10 insightful questions about AI answered by our experts

In this arcticle, we bring together two unique perspectives united by the shared mission of improving the future of breast cancer screening. We gathered questions from several women, including some breast cancer survivors, and asked Dr Mehran Taghipour-Gorjikolaie, our own leading scientist from LSBU who specializes in AI, to answer them. The result is an insightful conversation that delves into the hopes, challenges, and real-world impact of AI in oncology and explains how it is transforming cancer diagnosis, treatment, and patient support.
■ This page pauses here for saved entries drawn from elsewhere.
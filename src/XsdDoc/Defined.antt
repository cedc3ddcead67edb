-- ===== src/XsdDoc/Defined.antt =====
-- What the tests of the plugin say of the children of the root.
use muen.Base.{false, ◌&&◌, List, [], ◌∷◌, some, Str, codes, All, any}
use muen.Base.{ok, ◌≡◌, refl, ap, ◌∙◌, leb, length}
use muen.Base.Text.{is_in}
use muen.Base.Text.Laws.{Avoids-of_test}
use muen.Xml.{Etree, IsLawful}
use muen.Xml.Names.{Names, IsNamed}
use muen.Xml.Steps.{Step, IsStep, path_text, reaches}
use muen.Xml.Reach.{walk_one}
use muen.Xsd.Groups.{universal_starting_group_defined}
use muen.Xsd.Elements.{ns_info-IsPrefix}
use muen.XsdDoc.{
  group_step, sequence_step, doc_step, type_step, doc_type_step, documentation_type_defined,
  doc_in_universal_starting_group, doc_type_type_path,
}

step_IsStep :
    (s : Step) (l n : Str)
    → s ≡ record { local = l; name = some n }
    → any (is_in (codes "/'")) l ≡ false
    → any (is_in (codes "/'")) n ≡ false
    → IsStep s
step_IsStep s l n e a b = rw e (Avoids-of_test (codes "/'") l a, Avoids-of_test (codes "/'") n b)

module _ (X : Etree) (N : Names X) (L : IsLawful X) (M : IsNamed X N) where
  one_of :
      (e : X.Elem) (ss : List Step)
      → All IsStep ss
      → leb 1 (length (X.xpath e (path_text ss))) ≡ reaches X ss e
  one_of e ss h = ap (λ es. leb 1 (length es)) (M.xpath_steps e ss h) ∙ walk_one X ss e

  pub group_defined :
      (e : X.Elem) → universal_starting_group_defined X N e ≡ ok (reaches X (group_step ∷ []) e)
  unfolding universal_starting_group_defined
  group_defined e =
      let (ns, i, _) = ns_info-IsPrefix X N L M e in
      rw i (ap ok (one_of e (group_step ∷ []) (step_IsStep group_step _ _ refl refl refl, tt)))

  pub type_defined :
      (e : X.Elem)
      → documentation_type_defined X N e
        ≡ ok (reaches X (type_step ∷ []) e && reaches X (doc_type_step ∷ []) e)
  unfolding documentation_type_defined
  type_defined e =
      let (ns, i, _) = ns_info-IsPrefix X N L M e in
      let p = one_of e (type_step ∷ []) (step_IsStep type_step _ _ refl refl refl, tt) in
      let q = one_of e (doc_type_step ∷ []) (step_IsStep doc_type_step _ _ refl refl refl, tt) in
      rw i (
        ap (λ b. ok (b && leb 1 (length (X.xpath e doc_type_type_path)))) p
        ∙ ap (λ b. ok (reaches X (type_step ∷ []) e && b)) q)

  pub doc_defined :
      (e : X.Elem)
      → doc_in_universal_starting_group X N e
        ≡ ok (reaches X (group_step ∷ sequence_step ∷ doc_step ∷ []) e)
  unfolding doc_in_universal_starting_group
  doc_defined e =
      let (ns, i, _) = ns_info-IsPrefix X N L M e in
      rw i (
        ap ok (
          one_of e (group_step ∷ sequence_step ∷ doc_step ∷ []) (
            step_IsStep group_step _ _ refl refl refl,
            (
              (Avoids-of_test (codes "/'") (codes "sequence") refl, tt),
              (step_IsStep doc_step _ _ refl refl refl, tt),
            ),
          )))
We hope to contribute to the dialogue between people with lived experience and scientists that is shaping innovation in healthcare under the Horizon Europe programme.

MammoScreen (MS): How does AI help doctors make better decisions about diagnosis and treatment?

Dr. Mehran Taghipour-Gorjikolaie (MTG): AI assists doctors by rapidly analysing vast amounts of complex medical data to identify subtle patterns that might be difficult for humans to detect. For instance, in the context of breast cancer detection, AI can analyse microwave signal responses from breast tissue and highlight anomalies that may indicate the presence of a tumour. By providing data-driven insights and enhancing pattern recognition, AI supports clinicians in making more accurate, timely, and personalized diagnostic and treatment decisions.

MS: What type of medical data does AI analyse, and how does it learn from it? 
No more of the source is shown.